In this vein too is the sleeper of the show, Rosemarie Trockel’s Imitation of Life (2003), a tall sculpture of black metal that stands like a somber David Smith sentinel. The work is in fact a mobile, its seven symmetrical arms designed to move in response to air currents. Trockel’s pseudo-crucifix is a pointed and dark 21st-century counterpoint to the light and airy mobiles that Alexander Calder made emblematic of 20th-century optimism.
Still one more surprise comes from photographer Thomas Ruff, who presents a gallery full of new paintings -- they look like paintings, anyway -- called "Zycles." Inkjet prints on canvas depicting assorted geometric figures, slim and graceful, made with a computer program that translates mathematical formulae into curvy lines, the works suggest the late Al Held fallen under the sway of some kind of Conceptualist religion. As with artists like Sol LeWitt and Richard Prince, it’s perversely rewarding to see "anti-painters" gradually come around in the end to making what are, more or less, paintings.
The film and video installations at "Art Unlimited" are also rewarding, and not just because they provide a chance to sit down and rest your feet. One nice vid, from the 1970s rock ‘n’ roll promoter Malcolm McLaren, presents uneventful shots from ‘60s-era soft-core porn (no nudity, just girls in negligees) along with a deejayed soundtrack, proving that sometimes all you need is a nice tune.
Such is the case, too, with Bruce Conner’s Easter Morning (1966 / 2008), a super-8 home movie with trippy light effects (and including shots of a mandala-like carpet and a nude young woman). The accompanying soundtrack, an eerie composition by Terry Riley performed by the Shanghai Film Orchestra on ancient Chinese instruments, gives the film its otherworldly quality. Presented by Michael Kohn Gallery from Los Angeles, the work is produced in an edition of six, beginning at $20,000.
The Irish artist Duncan Campbell’s Make It Fall, Bernadette (2008) is a 16mm film about the 1970s Irish socialist Bernadette Devlin, an inspirational and dogged campaigner for Irish rights who is perhaps now too little remembered. Part documentary and part poetry, the work suggests that a more closely argued examination of Devlin, her politics and her times might be useful today. Campbell’s artwork, made in an edition of six, is €6,000, and an accompanying print is €1,500.
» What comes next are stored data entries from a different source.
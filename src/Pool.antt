-- ===== src/Pool.antt =====
-- The chunk pool of src/RtmpChunkPool.cpp. The file's globals are one record; a bucket's address is
-- its id, counted up from 1 as `g_bucket_id` does. The queue lists ids from head to last.
pub mod Inv
pub mod Alloc
pub mod Free
pub mod Held
pub mod Chains
pub mod Spec
pub mod Refines
use bls.Base.{
  ℕ, zero, suc, ◌+◌, ◌-◌, ◌%◌, ◌^◌, Option, none, some, List, [], ◌∷◌, ◌++◌, if◌then◌else◌, ◌==◌,
  ltb, leb, ◌>>=◌,
}
use bls.Chunk.{Bucket, rtmp_chunk_header_max}

abbrev pub max_add_pool_size_count : ℕ
max_add_pool_size_count = 100

-- What `bucket` gives at an id that was never made is whatever `malloc` would return there.
pub record Pool : Type 0 where
  pub bucket : ℕ → Bucket
  pub queue : List ℕ
  pub payload_size : ℕ
  pub pool_size : ℕ
  pub valid_chunk_num : ℕ
  pub add_pool_count : ℕ
  pub next_bucket_id : ℕ

-- A write through a bucket pointer.
abbrev pub put_bucket : Pool → ℕ → Bucket → Pool
put_bucket p id b = record p { bucket = λ i. if i == id then b else p.bucket i }

-- `size_t` and `uint16_t` counters.
abbrev pub inc64 : ℕ → ℕ
inc64 n = (n + 1) % 2 ^ 64

abbrev pub dec64 : ℕ → ℕ
dec64 n = (n + (2 ^ 64 - 1)) % 2 ^ 64

abbrev pub inc16 : ℕ → ℕ
inc16 n = (n + 1) % 2 ^ 16

abbrev pub dec16 : ℕ → ℕ
dec16 n = (n + (2 ^ 16 - 1)) % 2 ^ 16

-- "initialize a bucket"
abbrev pub init_bucket : ℕ → Bucket → Bucket
init_bucket payload_size b = record b {
  header_length = rtmp_chunk_header_max;
  payload_length = payload_size;
  ref_count = 0;
  source_stream_name = none;
}

-- One round of the loop of `add_pool_queue`: the new bucket, under the next id.
abbrev pub make_bucket : ℕ → Pool → Pool
make_bucket size p =
    let id = p.next_bucket_id + 1 in
    record (put_bucket p id (init_bucket size (p.bucket id))) { next_bucket_id = id }

-- The loop, with `n_queue`.
unfoldable pub add_buckets : ℕ → ℕ → Pool → List ℕ → Pool × List ℕ
add_buckets zero size p n_queue = (p, n_queue)
add_buckets (suc n) size p n_queue =
    add_buckets n size (make_bucket size p) (n_queue ++ (p.next_bucket_id + 1) ∷ [])

unfoldable pub add_pool_queue : Pool → ℕ → ℕ → Pool
add_pool_queue p payload_size add_size =
    if leb max_add_pool_size_count p.add_pool_count
    then p
    else let r = add_buckets add_size payload_size p [] in
      record r.0 {
        queue = r.0.queue ++ r.1;
        add_pool_count = p.add_pool_count + 1;
        valid_chunk_num = (p.valid_chunk_num + add_size) % 2 ^ 64;
      }

unfoldable pub init_chunk_pool : Pool → ℕ → ℕ → Pool
init_chunk_pool p payload_size pool_size =
    add_pool_queue
      (record p {
        payload_size = payload_size;
        pool_size = pool_size;
        add_pool_count = 0;
        valid_chunk_num = 0;
        queue = [];
      })
      payload_size pool_size

-- `ngx_queue_last` with the queue without it; `none` is the queue's own head taken for a bucket.
unfoldable pub split_last : List ℕ → Option (List ℕ × ℕ)
split_last [] = none
split_last (x ∷ []) = some ([], x)
split_last (x ∷ y ∷ ys) = split_last (y ∷ ys) >>= λ r. some (x ∷ r.0, r.1)

abbrev pub claim : Bucket → Bucket
claim b = record b {
  ref_count = inc16 b.ref_count;
  header_recv_len = 0;
  payload_recv_len = 0;
  payload_length = 0;
}

-- Grow an empty queue.
abbrev pub refill : Pool → Pool
refill p = elim p.queue [ [] ↦ add_pool_queue p p.payload_size p.pool_size | _ ∷ _ ↦ p ]

abbrev pub take_last : Pool → Option (ℕ × Pool)
take_last p = split_last p.queue >>= λ r. some (
  r.1,
  record (put_bucket p r.1 (claim (p.bucket r.1))) {
    queue = r.0;
    valid_chunk_num = dec64 p.valid_chunk_num;
  },
)

unfoldable pub alloc_chunk_bucket : Pool → Option (ℕ × Pool)
alloc_chunk_bucket p = take_last (refill p)

-- `memset` over header and payload, and `bls_delete(bucket->source_stream_name)`.
abbrev pub wipe : Bucket → Bucket
wipe b = record b { header = λ _. 0; payload = λ _. 0; source_stream_name = none }

unfoldable pub free_chunk_bucket : Pool → ℕ → Pool
free_chunk_bucket p id =
    let b : Bucket = record (p.bucket id) { ref_count = dec16 (p.bucket id).ref_count } in
    if ltb 0 b.ref_count then put_bucket p id b else record (put_bucket p id (wipe b)) {
      queue = id ∷ p.queue;
      valid_chunk_num = inc64 p.valid_chunk_num;
    }

-- `++(b->ref_count)`
unfoldable pub add_reference : Pool → ℕ → Pool
add_reference p id =
    put_bucket p id (record (p.bucket id) { ref_count = inc16 (p.bucket id).ref_count })

-- The destructor of `chunk_chain_s`.
unfoldable pub free_chain : Pool → List ℕ → Pool
unfolding free_chunk_bucket
free_chain p [] = p
free_chain p (id ∷ ids) = free_chain (free_chunk_bucket p id) ids

-- `free_chunk_bucket_queue`: the buckets go back as they are.
unfoldable pub free_chunk_bucket_queue : Pool → List ℕ → Pool
free_chunk_bucket_queue p q = record p { queue = p.queue ++ q }
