-- ===== src/World.antt =====
-- The objects that the handlers share: the chunk pool, the sockets with the writes that libuv still
-- holds, the sources, and the consumers. A pointer is a number: a client's, a source's, a consumer's.
-- (include/BlsSource.h, include/BlsConsumer.h, include/BlsSocket.h, include/RtmpChunkPool.h)
pub mod Buckets
pub mod Writes
pub mod Encode
pub mod Rewrites
use bls.Base.{
  ◌≡◌, ap, ◌+◌, ◌%◌, ◌^◌, ℕ, Bool, true, false, Option, none, some, List, [], Mem, ◌==◌,
  if◌then◌else◌,
}
use bls.Chunk.{ChunkHeader}
use bls.Pool.{Pool}

-- `rtmp_channel_s`: a message header and the ids of the buckets in its chain.
pub record Channel : Type 0 where
  pub header : ChunkHeader
  pub chain : List ℕ

-- `av_buffer_s`. `none` is NULL.
pub record AvBuffer : Type 0 where
  pub metadata : Option Channel
  pub key_frame : Option Channel
  pub video_sh : Option Channel
  pub audio_sh : Option Channel
  pub gop : Option Channel
  pub gop_counter : ℕ

-- `BlsSource`. The double `abs_record_time` is its 64-bit pattern.
pub record Source : Type 0 where
  pub stream_name : ℕ
  pub is_publishing : Bool
  pub video_chunkid : ℕ
  pub audio_chunkid : ℕ
  pub metadata_buf : Mem
  pub metadata_len : ℕ
  pub abs_record_time : ℕ
  pub time_index : ℕ
  pub key_cache : AvBuffer
  pub video_time : ℕ
  pub audio_time : ℕ
  pub consumer_queue : List ℕ

-- `consumer_state_e`
pub data ConsumerState : Type 0 where
  wait_metadata wait_av_sh wait_audio_sh wait_video_sh wait_keyframe run : ConsumerState
  wait_video_slow_speed wait_audio_slow_speed end : ConsumerState

-- `bls_consumer_s`
pub record Consumer : Type 0 where
  pub client : ℕ
  pub stream_id : ℕ
  pub video_chunk_id : ℕ
  pub audio_chunk_id : ℕ
  pub state : ConsumerState
  pub stream_name : ℕ
  pub is_alive : Bool
  pub first_audio_chunk_header : ℕ
  pub first_video_chunk_header : ℕ
  pub first_key_fram_chunk_header : ℕ
  pub first_audio2_chunk_header : ℕ
  pub metadata_chunk_header : ℕ
  pub chunk_in_buffer_num : ℕ

-- Which of the two buffers of a bucket a write sends.
pub data Part : Type 0 where
  both header_only payload_only : Part

-- A write that libuv holds: the bucket, and `custom_write_data_s` with the client whose protocol the
-- callback is given.
pub record Write : Type 0 where
  pub bucket : ℕ
  pub part : Part
  pub custom : Option ℕ

-- `BlsSocket`. `socket` is NULL once it is closed.
pub record Socket : Type 0 where
  pub is_open : Bool
  pub send_bytes : ℕ
  pub pending : List Write

pub record World : Type 0 where
  pub pool : Pool
  pub socket : ℕ → Socket
  pub source : ℕ → Source
  pub consumer : ℕ → Consumer
  pub play_consumer : ℕ → Option ℕ
  -- `RtmpServer::client_count`, an `int`, as its 32-bit pattern.
  pub client_count : ℕ
  -- `g_source_pool` from head to last, and `g_source_map` from stream names to sources.
  pub source_pool : List ℕ
  pub source_map : List (ℕ × ℕ)

-- A handler: `none` is a fault, such as a NULL or dangling pointer, a store out of bounds or a
-- failed `assert`.
abbrev pub M : Type 0 → Type 0
M A = World → Option (A × World)

abbrev pub pure : {A : Type 0} → A → M A
pure a w = some (a, w)

infixl 5 ◌>>=◌ ◌>>◌
abbrev pub ◌>>=◌ : {A B : Type 0} → M A → (A → M B) → M B
◌>>=◌ m f w = elim (m w) [ none ↦ none | some (a, w') ↦ f a w' ]

abbrev pub ◌>>◌ : {B : Type 0} → M (Unit {0}) → M B → M B
m >> k = m >>= λ _. k

abbrev pub fault : {A : Type 0} → M A
fault w = none

abbrev pub check : Bool → M (Unit {0})
check true w = some (tt, w)
check false w = none

abbrev pub update {ℓ} : {A : Type ℓ} → (ℕ → A) → ℕ → A → ℕ → A
update f k v i = if i == k then v else f i

abbrev pub get : M World
get w = some (w, w)

abbrev pub put_consumer : ℕ → Consumer → M (Unit {0})
put_consumer k c w = some (tt, record w { consumer = update w.consumer k c })

abbrev pub put_source : ℕ → Source → M (Unit {0})
put_source s v w = some (tt, record w { source = update w.source s v })

-- `RtmpServer::update_client_count`, with the pattern of its argument.
abbrev pub update_client_count : ℕ → World → World
update_client_count num w = record w { client_count = (w.client_count + num) % 2 ^ 32 }

-- One step of a handler whose result is known.
pub bind :
    {A B : Type 0} (m : M A) (f : A → M B) {w w' : World} {a : A}
    → m w ≡ some (a, w')
    → (m >>= f) w ≡ f a w'
bind m f e = ap (λ o. elim o [ none ↦ none | some (a, v) ↦ f a v ]) e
Last but not least is Karen Kilimnik’s three-hour-long version of Heathers, the Hollywood movie that brought Christian Slater and Winona Ryder together in the innocent bloom of their glorious youth. Kilimnik has refilmed the original in video, cutting and re-running scenes in a sloppy edit that leaves all the seams showing. Though the idea of yet another film appropriation is off-putting, this one is winning, if only because the soft and pixilated video so effectively recreates the amorous dream of beautiful youth. And that’s what it’s all about.
WALTER ROBINSON is editor of Artnet Magazine.